(Data items)

-- ===== src/Netstack/Pipe.antt =====
-- A TCP stream of the network stack as two queues of octets
-- (crates/ombrac-netstack/src/tcp.rs).
use mathlib.Core.Path.{subst}
use ombrac.Prelude.{
  ℕ, zero, suc, Bool, true, false, List, [], ◌∷◌, ◌++◌, min, ◌||◌, length, take, take-append-drop,
  length-append, if◌then◌else◌, append-nil, append_assoc, Bool-cases, ◌≡◌, inl, inr, refl, sym, ap,
  ◌∙◌, arith, ok, err,
}
use ombrac.Net.{Bytes, IoResult, Poll, ready, pending}
use ombrac.Netstack.Stream.{
  is_full, vacant_len, Connection, read_buffered, poll_read, poll_write, TcpSocket,
  handle_socket_io, socket_io,
}
use ombrac.Netstack.Flow.{Flow, Fits, push_slice-Fits, to_read, written, Kept, handle_socket_io_lem}

-- What happens to a stream and its socket: the application reads or writes, the worker turns, or
-- octets come in from the peer.
pub data StreamOperation : Type 0 where
  read : ℕ → StreamOperation
  write : Bytes → StreamOperation
  turn : StreamOperation
  segment : Bytes → StreamOperation

-- With what the application has read, what it was told that it has written, and what came in.
pub record Pipe (S : Type 0) : Type 0 where
  pub socket : S
  pub connection : Connection
  pub delivered : Bytes
  pub accepted : Bytes
  pub arrived : Bytes

abbrev pub octets_read : Poll (IoResult Bytes) → Bytes
octets_read (ready (ok b)) = b
octets_read (ready (err e)) = []
octets_read pending = []

abbrev pub octets_written : Bytes → Poll (IoResult ℕ) → Bytes
octets_written slice (ready (ok n)) = take n slice
octets_written slice (ready (err e)) = []
octets_written slice pending = []

take-min : (v : ℕ) (xs : Bytes) → take (min v (length xs)) xs ≡ take v xs
take-min zero xs =
    let none_left : min 0 (length xs) ≡ 0 = omega arith in ap (λ k. take k xs) none_left
take-min (suc v) [] =
    let none_left : min (suc v) 0 ≡ 0 = omega arith in ap (λ k. take k []) none_left
take-min (suc v) (x ∷ xs) =
    let shift : min (suc v) (suc (length xs)) ≡ suc (min v (length xs)) = omega arith in
    ap (λ k. take k (x ∷ xs)) shift ∙ ap (λ r. x ∷ r) (take-min v xs)

module _ {S : Type 0} (t : TcpSocket S) (f : Flow t) where
  unfoldable pub operate : Pipe S → StreamOperation → Pipe S
  operate p (read room) =
      let (c', r) = poll_read p.connection room in
      record p { connection = c'; delivered = p.delivered ++ octets_read r }
  operate p (write slice) =
      let (c', r) = poll_write p.connection slice in
      record p { connection = c'; accepted = p.accepted ++ octets_written slice r }
  operate p turn =
      let (s', c') = socket_io t p.socket p.connection in record p { socket = s'; connection = c' }
  operate p (segment b) = record p { socket = f.arrive p.socket b; arrived = p.arrived ++ b }

  unfoldable pub run : Pipe S → List StreamOperation → Pipe S
  run p [] = p
  run p (o ∷ os) = run (operate p o) os

  -- What came in is what was read and then what is still to be read; what was written is what the
  -- socket was given and then what waits; the buffers stay within their capacities.
  abbrev pub IsPipe : Pipe S → Type 0
  IsPipe p =
      (p.delivered ++ to_read t f (p.socket, p.connection) ≡ p.arrived)
      × (written t f (p.socket, p.connection) ≡ p.accepted)
      × Fits p.connection.recv_buffer
      × Fits p.connection.send_buffer

  read_buffered_lem :
      (c : Connection) (room : ℕ) (b : Bytes)
      → c.recv_buffer.content ≡ b
      → (octets_read (read_buffered c room b).1 ++ (read_buffered c room b).0.recv_buffer.content
          ≡ c.recv_buffer.content)
        × ((read_buffered c room b).0.send_buffer ≡ c.send_buffer)
        × ((read_buffered c room b).0.recv_buffer.capacity ≡ c.recv_buffer.capacity)
  unfolding read_buffered
  read_buffered_lem c room [] e = elim (Bool-cases c.read_closed) [
    | inl k ↦ rw k (refl, refl, refl)
    | inr k ↦ rw k (refl, refl, refl)
  ]
  read_buffered_lem c room (x ∷ xs) e = (take-append-drop room (x ∷ xs) ∙ sym e, refl, refl)

  poll_write_lem :
      (c : Connection) (slice : Bytes)
      → ((poll_write c slice).0.send_buffer.content
          ≡ c.send_buffer.content ++ octets_written slice (poll_write c slice).1)
        × ((poll_write c slice).0.recv_buffer ≡ c.recv_buffer)
        × (Fits c.send_buffer → Fits (poll_write c slice).0.send_buffer)
  unfolding poll_write
  poll_write_lem c slice = elim (Bool-cases (c.socket_dropped || c.write_closed)) [
    | inl k ↦ rw k (sym (append-nil _), refl, λ h. h)
    | inr k ↦ elim (Bool-cases (is_full c.send_buffer)) [
      | inl e ↦ rw (k, e) (sym (append-nil _), refl, λ h. h)
      | inr e ↦
          rw (k, e)
            (
              ap (λ r. c.send_buffer.content ++ r)
                  (sym (take-min (vacant_len c.send_buffer) slice)),
              refl,
              λ h. push_slice-Fits c.send_buffer slice h,
            )
    ]
  ]

  read-IsPipe : (p : Pipe S) (room : ℕ) → IsPipe p → IsPipe (operate p (read room))
  unfolding operate poll_read
  read-IsPipe p room (a, b, fr, fs) =
      let c = p.connection in
      let o = octets_read (poll_read c room).1 in
      let left = (poll_read c room).0.recv_buffer.content in
      let inc = f.incoming p.socket in
      let (e, same, cap) = read_buffered_lem c room c.recv_buffer.content refl in
      let moved =
        append_assoc p.delivered o (left ++ inc)
        ∙ ap (λ r. p.delivered ++ r) (sym (append_assoc o left inc) ∙ ap (λ r. r ++ inc) e)
        ∙ a in
      (
        moved,
        ap (λ x. f.outgoing p.socket ++ x.content) same ∙ b,
        omega (arith, fr, length-append o left, ap length e, cap),
        subst Fits (sym same) fs,
      )

  write-IsPipe : (p : Pipe S) (slice : Bytes) → IsPipe p → IsPipe (operate p (write slice))
  unfolding operate
  write-IsPipe p slice (a, b, fr, fs) =
      let w = octets_written slice (poll_write p.connection slice).1 in
      let (e, same, fits) = poll_write_lem p.connection slice in
      (
        ap (λ x. p.delivered ++ (x.content ++ f.incoming p.socket)) same ∙ a,
        ap (λ r. f.outgoing p.socket ++ r) e
            ∙ sym (append_assoc (f.outgoing p.socket) p.connection.send_buffer.content w)
            ∙ ap (λ r. r ++ w) b,
        subst Fits (sym same) fr,
        fits fs,
      )

  if-Kept : (b : Bool) (x y : S × Connection) → Kept t f x y → Kept t f x (if b then x else y)
  if-Kept true x y k = (refl, refl, λ h. h, λ h. h)
  if-Kept false x y k = k

  socket_io-Kept : (s : S) (c : Connection) → Kept t f (s, c) (socket_io t s c)
  unfolding socket_io
  socket_io-Kept s c =
      if-Kept c.socket_dropped (s, c) (handle_socket_io t s c) (handle_socket_io_lem t f s c).0

  turn-IsPipe : (p : Pipe S) → IsPipe p → IsPipe (operate p turn)
  unfolding operate
  turn-IsPipe p (a, b, fr, fs) =
      let (r, w, kr, ks) = socket_io-Kept p.socket p.connection in
      (ap (λ x. p.delivered ++ x) r ∙ a, w ∙ b, kr fr, ks fs)

  segment-IsPipe : (p : Pipe S) (b : Bytes) → IsPipe p → IsPipe (operate p (segment b))
  unfolding operate
  segment-IsPipe p b (a, w, fr, fs) =
      let content = p.connection.recv_buffer.content in
      (
        ap (λ r. p.delivered ++ (content ++ r)) (f.incoming-arrive p.socket b)
            ∙ ap (λ r. p.delivered ++ r) (sym (append_assoc content (f.incoming p.socket) b))
            ∙ sym (append_assoc p.delivered (content ++ f.incoming p.socket) b)
            ∙ ap (λ r. r ++ b) a,
        ap (λ r. r ++ p.connection.send_buffer.content) (f.outgoing-arrive p.socket b) ∙ w,
        fr,
        fs,
      )

  operate-IsPipe : (p : Pipe S) (o : StreamOperation) → IsPipe p → IsPipe (operate p o)
  operate-IsPipe p (read room) = read-IsPipe p room
  operate-IsPipe p (write slice) = write-IsPipe p slice
  operate-IsPipe p turn = turn-IsPipe p
  operate-IsPipe p (segment b) = segment-IsPipe p b

  -- Nothing is lost, repeated or overtaken in either direction, and no buffer overflows, however the
  -- application reads and writes, the worker turns and octets come in: what came in is what the
  -- application has read, then what is buffered, then what the socket still has, and what the
  -- application has written is what the socket was given to send, then what is buffered.
  pub run-IsPipe : (p : Pipe S) (os : List StreamOperation) → IsPipe p → IsPipe (run p os)
  unfolding run
  run-IsPipe p [] h = h
  run-IsPipe p (o ∷ os) h = run-IsPipe (operate p o) os (operate-IsPipe p o h)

What you need to do
Scan the records for the word "false" and copy every line where it is found.

Exercise output
  ℕ, zero, suc, Bool, true, false, List, [], ◌∷◌, ◌++◌, min, ◌||◌, length, take, take-append-drop,
  if-Kept false x y k = k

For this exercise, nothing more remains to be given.